Throughout history remarkable individuals have experienced wisdom and tried to teach it to others, with varying degrees of success. Most of them are lost and long forgotten. A few of them live on in the words and teachings they left behind and in the traditions that arose around those teachings. Each of these teachers used the imagery and context of their own cultures to illustrate the path to the timeless presence beneath the surface of our unexamined minds. Some personified it and called it God. Others split the infinite energy of the universe into pantheons of countless gods, in conflict with each other. Still others preferred to leave the source nameless, fearing that if we name it we will become attached to the name and forget the reality to which the name refers. And in the deeper, mystical currents within each of these wisdom traditions lies the same essential claim – that we are one with the source, that we are identical with the ground of Being. Only we don’t know it.
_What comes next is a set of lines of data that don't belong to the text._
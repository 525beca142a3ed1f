-- ===== src/Lv2/Reaching.antt =====
-- The hosts that calls lead to (src/lv2_host_core.cpp), and that their index leads to the ports.
use ee_eq_cli.Common.{
  ℕ, zero, suc, ◌==◌, Bool, false, not, String, List, [], ◌∷◌, some, ◌≡◌, refl, sym, ap, subst, ◌∙◌,
  map-All, get_elem?, on_option_cases, if_cases, Bool-cases, inl, inr, arith,
}
use ee_eq_cli.Floats.{FloatOps}
use ee_eq_cli.Lv2.{
  Port, Lilv, Lv2HostCore, map_urid, create_instance, destroy_instance, connect_audio_ports,
  connect_audio_ports_with_probe,
}
use ee_eq_cli.Lv2.Ports.{
  Infinities, new_host, control_port, set_value, at_index, set_control_port_value,
}
use ee_eq_cli.Lv2.Wiring.{
  Points, Wired, map_urid-Wired, create_instance-Wired, connect_audio_ports-Wired,
  connect_with_probe-Wired, destroy_instance-Wired, new_host-Wired,
}

module _ (F : FloatOps) (I : Infinities F.Float) where
  -- The hosts that the constructor and any calls lead to.
  pub data Reached : Lv2HostCore F.Float → Type 0 where
    made : (uri : String) (lilv : Lilv F.Float) → Reached (new_host F I uri lilv)
    maps : {h : Lv2HostCore F.Float} (uri : String) → Reached h → Reached (map_urid uri h).host
    creates :
        {h : Lv2HostCore F.Float} (instantiates : Bool) (asks : List String) (rate block : ℕ)
        → Reached h
        → Reached (create_instance instantiates asks rate block h).0
    destroys : {h : Lv2HostCore F.Float} → Reached h → Reached (destroy_instance h)
    connects : {h : Lv2HostCore F.Float} → Reached h → Reached (connect_audio_ports h)
    connects_probe :
        {h : Lv2HostCore F.Float} → Reached h → Reached (connect_audio_ports_with_probe h)
    sets :
        {h : Lv2HostCore F.Float} (symbol : String) (value : F.Float)
        → Reached h
        → Reached (set_control_port_value F I symbol value h)

  pub get_elem?-at_index :
      (i : ℕ) (f : Port F.Float → Port F.Float) (ps : List (Port F.Float)) (p : Port F.Float)
      → get_elem? ps i ≡ some p
      → get_elem? (at_index F I i f ps) i ≡ some (f p)
  get_elem?-at_index i f [] p e = cc
  get_elem?-at_index zero f (q ∷ ps) p e = let r : q ≡ p = cc in ap (λ x. some (f x)) r
  get_elem?-at_index (suc i) f (q ∷ ps) p e = get_elem?-at_index i f ps p e

  pub get_elem?-at_index_ne :
      (i j : ℕ) (f : Port F.Float → Port F.Float) (ps : List (Port F.Float))
      → (i == j) ≡ false
      → get_elem? (at_index F I i f ps) j ≡ get_elem? ps j
  get_elem?-at_index_ne i j f [] e = refl
  get_elem?-at_index_ne zero zero f (q ∷ ps) e = cc
  get_elem?-at_index_ne zero (suc j) f (q ∷ ps) e = refl
  get_elem?-at_index_ne (suc i) zero f (q ∷ ps) e = refl
  get_elem?-at_index_ne (suc i) (suc j) f (q ∷ ps) e =
      get_elem?-at_index_ne i j f ps (ground (arith, e))

  set_value-symbol :
      (value : F.Float) (p : Port F.Float) → (set_value F I value p).symbol ≡ p.symbol
  set_value-symbol value p =
      if_cases {A = Port F.Float} (λ q. q.symbol ≡ p.symbol) (not p.is_input) (λ _. refl)
        (λ _. refl)

  at_index-Points :
      (k i : ℕ) (value : F.Float) (symbol : String) (ps : List (Port F.Float))
      → Points F.Float ps symbol i
      → Points F.Float (at_index F I k (set_value F I value) ps) symbol i
  at_index-Points k i value symbol ps w = elim (Bool-cases (k == i)) [
    | inl e ↦
        let same : k ≡ i = ground (arith, e) in
        record {
          port = set_value F I value w.port;
          is_there =
              subst
                (λ n.
                  get_elem? (at_index F I n (set_value F I value) ps) i
                  ≡ some (set_value F I value w.port))
                (sym same) (get_elem?-at_index i (set_value F I value) ps w.port w.is_there);
          has_symbol = set_value-symbol value w.port ∙ w.has_symbol;
        }
    | inr e ↦ record {
      port = w.port;
      is_there = get_elem?-at_index_ne k i (set_value F I value) ps e ∙ w.is_there;
      has_symbol = w.has_symbol;
    }
  ]

  set_control_port_value-Wired :
      (symbol : String) (value : F.Float) (h : Lv2HostCore F.Float)
      → Wired h
      → Wired (set_control_port_value F I symbol value h)
  unfolding set_control_port_value
  set_control_port_value-Wired symbol value h w =
      on_option_cases {X = Lv2HostCore F.Float} Wired (control_port F I h symbol) (λ _. w)
        (λ i _.
          map-All (λ e. Points F.Float h.ports e.0 e.1)
            (λ e. Points F.Float (at_index F I i (set_value F I value) h.ports) e.0 e.1)
            h.control_port_index (λ e p. at_index-Points i e.1 value e.0 h.ports p) w)

  pub Reached-Wired : (h : Lv2HostCore F.Float) → Reached h → Wired h
  Reached-Wired _ (made uri lilv) = new_host-Wired F I uri lilv
  Reached-Wired _ (maps {h} uri r) = map_urid-Wired uri h (Reached-Wired h r)
  Reached-Wired _ (creates {h} instantiates asks rate block r) =
      create_instance-Wired instantiates asks rate block h (Reached-Wired h r)
  Reached-Wired _ (destroys {h} r) = destroy_instance-Wired h (Reached-Wired h r)
  Reached-Wired _ (connects {h} r) = connect_audio_ports-Wired h (Reached-Wired h r)
  Reached-Wired _ (connects_probe {h} r) = connect_with_probe-Wired h (Reached-Wired h r)
  Reached-Wired _ (sets {h} symbol value r) =
      set_control_port_value-Wired symbol value h (Reached-Wired h r)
We are caught, for now, in a dream of separateness, enslaved to our lower nature, gripped by fear and lost in illusory loneliness.

Wisdom then is the ability to navigate the boat of our lives through these waves and into the far harbor of our ancient home. There are many maps and charts. But each of us has an internal compass as well, and must chart a course of our own. “Truth is a pathless land”, said Krishnamurti, and indeed, we cannot simply mindlessly follow the path of another. Wisdom defies formulization. Doctrines and dogmas can point the way, but they must ultimately be left behind.

To study the history of philosophy then is to study the history of love. We humans are philosophical animals – we tirelessly seek the object of our love, namely, wisdom. Our mythologies, religions and philosophies are, at their best, attempts to close the gap between us and the ground of Being from which we and all things come. Religion comes from the word religio meaning “to bind together” or “to connect”. We are tired of feeling alienated, alone, cut off. We want to awaken to the eternal energy of life coursing through us and all things. We want to feel at home in our own skins. We want to transcend and leave behind our divisive ideologies and awaken from this dream of separateness. We want to overcome ignorance and illusion. We want fall at last into the arms of our beloved. That is why we study philosophy.